21751 root 20 0 0 0 0 R 20.9 0.0 49:09.76 socknal_sd00_00 21754 root 20 0 0 0 0 S 17.9 0.0 49:17.12 socknal_sd00_03 21756 root 20 0 0 0 0 S 17.5 0.0 49:12.60 socknal_sd00_05 21753 root 20 0 0 0 0 S 16.9 0.0 49:12.37 socknal_sd00_02 21752 root 20 0 0 0 0 S 16.2 0.0 49:09.85 socknal_sd00_01 21755 root 20 0 0 0 0 S 16.2 0.0 49:14.87 socknal_sd00_04
I don't believe that LU-12815 is the issue because when I run an lnet selftest from two or more nodes to a single node, I still only get ~2.5GB/s. Basically the bandwidth gets split across the two or more nodes and they each only see their portion of the 2.5 GB/s. My understanding of that LU is that it only helps in single connection applications; I would think that running an lnet selftest from multiple nodes to a single node would get me around that issue. Please let me know if this thinking is wrong.
That being said, my plan this morning is to test the system after completely removing the bond. I'm planning on using one single connection rather than both and will test it standalone and using MR with logical interfaces.
Andreas,
The 30/35GB/s numbers are from a system-wide IOR, so across more than a single host. I used it as an example, but to avoid expanding the scope of the ticket to include an entire cluster, I shouldn't have. To simplify things, single node IOR sees slightly less than the 2.5GB/s of an lnet selftest, so I've been focusing on single node to node performance for debugging. I guess I mentioned the system wide numbers just to state that scaling doesn't help, even with hundreds of clients.
The individual CPU usage during a node to node test is fairly balanced across the cores. We don't seem to utilize any single core more than 35%.

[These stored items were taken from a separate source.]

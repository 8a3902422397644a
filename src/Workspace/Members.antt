-- ===== src/Workspace/Members.antt =====
-- The members of a workspace: the methods of `WorkspaceService`
-- (backend/services/workspace_service.py) that change their roles. The checks of a change and
-- its write are definitions of their own, since other units of work may commit between them.
use dewflow.Base.{ℕ, none, some, is_some, if◌then◌else◌}
use dewflow.Workspace.Rows.{
  WorkspaceRole, UserWorkspaceRole, User, AccessDb, user_not_found, workspace_member_already_exists,
  Result, done, raised, ◌>>=◌, get_workspace_member, get_user, add_workspace_role,
  update_workspace_role, remove_role, with_role,
}
use dewflow.Workspace.Permissions.{PermissionPolicy}
use dewflow.Workspace.Service.{
  or_raise, get_workspace_or_404, get_member_or_404, require_role_manage,
  ensure_owner_change_allowed, ensure_not_removing_last_owner,
}

-- `WorkspaceMemberCreate`
pub record WorkspaceMemberCreate : Type 0 where
  pub user_id : ℕ
  pub role : WorkspaceRole

abbrev pub new_member : ℕ → ℕ → WorkspaceMemberCreate → UserWorkspaceRole
new_member role_id workspace_id member_in = record {
  id = role_id;
  user_id = member_in.user_id;
  workspace_id = workspace_id;
  role = member_in.role;
}

unfoldable pub add_workspace_member :
    PermissionPolicy
    → ℕ
    → User
    → ℕ
    → WorkspaceMemberCreate
    → AccessDb
    → Result ((UserWorkspaceRole × User) × AccessDb)
add_workspace_member policy role_id current_user workspace_id member_in db = do
  workspace ← get_workspace_or_404 workspace_id db
  managed ← require_role_manage policy current_user workspace_id db
  allowed ←
      ensure_owner_change_allowed policy current_user workspace_id (some member_in.role) none db
  user ← or_raise user_not_found (get_user member_in.user_id db)
  if is_some (get_workspace_member member_in.user_id workspace_id db)
      then raised workspace_member_already_exists
      else do
        after ← add_workspace_role (new_member role_id workspace_id member_in) db
        done ((new_member role_id workspace_id member_in, user), after)

unfoldable pub check_update :
    PermissionPolicy → User → ℕ → ℕ → WorkspaceRole → AccessDb → Result (UserWorkspaceRole × User)
check_update policy current_user workspace_id user_id new_role db = do
  workspace ← get_workspace_or_404 workspace_id db
  managed ← require_role_manage policy current_user workspace_id db
  user_role ← get_member_or_404 user_id workspace_id db
  allowed ←
      ensure_owner_change_allowed policy current_user workspace_id (some new_role)
        (some user_role.role) db
  kept ← ensure_not_removing_last_owner workspace_id user_role.role (some new_role) db
  user ← or_raise user_not_found (get_user user_id db)
  done (user_role, user)

unfoldable pub update_workspace_member :
    PermissionPolicy
    → User
    → ℕ
    → ℕ
    → WorkspaceRole
    → AccessDb
    → Result ((UserWorkspaceRole × User) × AccessDb)
update_workspace_member policy current_user workspace_id user_id new_role db = do
  (user_role, user) ← check_update policy current_user workspace_id user_id new_role db
  done ((with_role new_role user_role, user), update_workspace_role user_role new_role db)

unfoldable pub check_remove : PermissionPolicy → User → ℕ → ℕ → AccessDb → Result UserWorkspaceRole
check_remove policy current_user workspace_id user_id db = do
  workspace ← get_workspace_or_404 workspace_id db
  managed ← require_role_manage policy current_user workspace_id db
  user_role ← get_member_or_404 user_id workspace_id db
  allowed ←
      ensure_owner_change_allowed policy current_user workspace_id none (some user_role.role) db
  kept ← ensure_not_removing_last_owner workspace_id user_role.role none db
  done user_role

unfoldable pub remove_workspace_member :
    PermissionPolicy → User → ℕ → ℕ → AccessDb → Result AccessDb
remove_workspace_member policy current_user workspace_id user_id db = do
  user_role ← check_remove policy current_user workspace_id user_id db
  done (remove_role user_role db)
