-- ===== src/Workspace/Owners.antt =====
-- Counting the owners of a workspace while a role is set, removed or added
-- (`AccessRepository` of backend/repositories/access_repo.py).
use dewflow.Base.{
  ℕ, ◌+◌, ◌≡◌, refl, sym, subst, ==_iff, Bool, true, false, not, none, some, List, [], ◌∷◌, keep,
  length, ◌==◌, find, Distinct, update_where, Bool-cases, inl, inr, arith,
}
use dewflow.Workspace.Rows.{WorkspaceRole, UserWorkspaceRole, role_key, with_role, owns}

abbrev pub one_if : Bool → ℕ
one_if true = 1
one_if false = 0

abbrev pub owners : ℕ → List UserWorkspaceRole → ℕ
owners workspace_id rs = length (keep (owns workspace_id) rs)

pub absent_set :
    (k : ℕ) (f : UserWorkspaceRole → UserWorkspaceRole) (rs : List UserWorkspaceRole)
    → find role_key k rs ≡ none
    → update_where (λ r. r.id == k) f rs ≡ rs
unfolding find update_where
absent_set k f [] e = refl
absent_set k f (x ∷ rs) e = ground (arith, absent_set k f rs)

pub absent_removed :
    (k : ℕ) (rs : List UserWorkspaceRole)
    → find role_key k rs ≡ none
    → keep (λ r. not (r.id == k)) rs ≡ rs
unfolding find
absent_removed k [] e = refl
absent_removed k (x ∷ rs) e = ground (arith, absent_removed k rs)

pub owners_cons :
    (ws : ℕ) (x : UserWorkspaceRole) (rs : List UserWorkspaceRole)
    → owners ws (x ∷ rs) ≡ one_if (owns ws x) + owners ws rs
owners_cons ws x rs = elim (Bool-cases (owns ws x)) [
  | inl e ↦ rw e (omega arith)
  | inr e ↦ rw e (omega arith)
]

-- One row is set to a role: the owners change by that row alone.
pub owners-set :
    (ws k : ℕ) (role : WorkspaceRole) (rs : List UserWorkspaceRole) (r : UserWorkspaceRole)
    → Distinct role_key rs
    → find role_key k rs ≡ some r
    → owners ws rs + one_if (owns ws (with_role role r))
      ≡ owners ws (update_where (λ x. x.id == k) (with_role role) rs) + one_if (owns ws r)
unfolding find update_where
owners-set ws k role [] r d e = cc
owners-set ws k role (x ∷ rs) r d e = elim (Bool-cases (x.id == k)) [
  | inl here ↦
      let same : x ≡ r = ground arith in
      let absent : find role_key k rs ≡ none =
        subst (λ j. find role_key j rs ≡ none) ((==_iff x.id k).0 here) d.0 in
      rw
        (
          sym same,
          here,
          absent_set k (with_role role) rs absent,
          owners_cons ws x rs,
          owners_cons ws (with_role role x) rs,
        )
        (omega arith)
  | inr there ↦
      rw
        (
          there,
          owners_cons ws x rs,
          owners_cons ws x (update_where (λ y. y.id == k) (with_role role) rs),
        )
        (omega (arith, owners-set ws k role rs r d.1 (rw there at e)))
]

pub owners-remove :
    (ws k : ℕ) (rs : List UserWorkspaceRole) (r : UserWorkspaceRole)
    → Distinct role_key rs
    → find role_key k rs ≡ some r
    → owners ws rs ≡ owners ws (keep (λ x. not (x.id == k)) rs) + one_if (owns ws r)
unfolding find
owners-remove ws k [] r d e = cc
owners-remove ws k (x ∷ rs) r d e = elim (Bool-cases (x.id == k)) [
  | inl here ↦
      let same : x ≡ r = ground arith in
      let absent : find role_key k rs ≡ none =
        subst (λ j. find role_key j rs ≡ none) ((==_iff x.id k).0 here) d.0 in
      rw (sym same, here, absent_removed k rs absent, owners_cons ws x rs) (omega arith)
  | inr there ↦
      rw (there, owners_cons ws x rs, owners_cons ws x (keep (λ y. not (y.id == k)) rs))
        (omega (arith, owners-remove ws k rs r d.1 (rw there at e)))
]

removed-absent :
    (j k : ℕ) (rs : List UserWorkspaceRole)
    → find role_key j rs ≡ none
    → find role_key j (keep (λ x. not (x.id == k)) rs) ≡ none
unfolding find
removed-absent j k [] e = refl
removed-absent j k (x ∷ rs) e = ground (arith, removed-absent j k rs)

pub removed-Distinct :
    (k : ℕ) (rs : List UserWorkspaceRole)
    → Distinct role_key rs
    → Distinct role_key (keep (λ x. not (x.id == k)) rs)
removed-Distinct k [] d = tt
removed-Distinct k (x ∷ rs) d = elim (Bool-cases (x.id == k)) [
  | inl here ↦ rw here (removed-Distinct k rs d.1)
  | inr there ↦ rw there (removed-absent x.id k rs d.0, removed-Distinct k rs d.1)
]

Command line for iperf is really basic. 6 TCP connections are needed to fully utilize the 100G link, with -P 1 producing a little over 20Gb/s. This does match with the 2.5GB/s number that we're seeing out of lnet selftest, but doesn't explain why we still only see 2.5GB/s when running a test with multiple lnet selftest "clients" to a single "server", as that should be producing multiple TCP connections. Maybe our understanding here is backwards. I'll be testing with the multiple virtual multirail interfaces today, which I guess will test this theory.
Thanks for all the help!
- Jeff
Sort of. It used 12 of the 24 configured threads. I've since reduced this, but wanted to mention what I was seeing in testing.
I performed quite a few more tests today with the
LU-12815patch applied and various tunings, and have some good news. With the patch, we can see nearly line rate with lnet selftest (11.5-12.0GB/s, up from ~2.5GB/s). Current tunings:8 conns_per_peer seemed to give the best performance, and nscheds had to be increased because I noticed that the 6 default threads were all 100% pegged during an lnet selftest.
Unfortunately, this isn't reflecting in the single node IOR numbers. While we saw a ~5x increase in the lnet selftest numbers, we're only seeing a 2x increase in IOR numbers. IOR writes went from ~5GB/s to 9.8GB/s and reads went from ~1.3GB/s to 2.6GB/s on a file-per-OST test (12 OSTs, 6 OSSs). Really trying to understand the brutal read disparity; hoping you all have some thoughts. The writes seem to prove that we can push that bandwidth over the network at least, but is there something about the read path that's different from a networking perspective?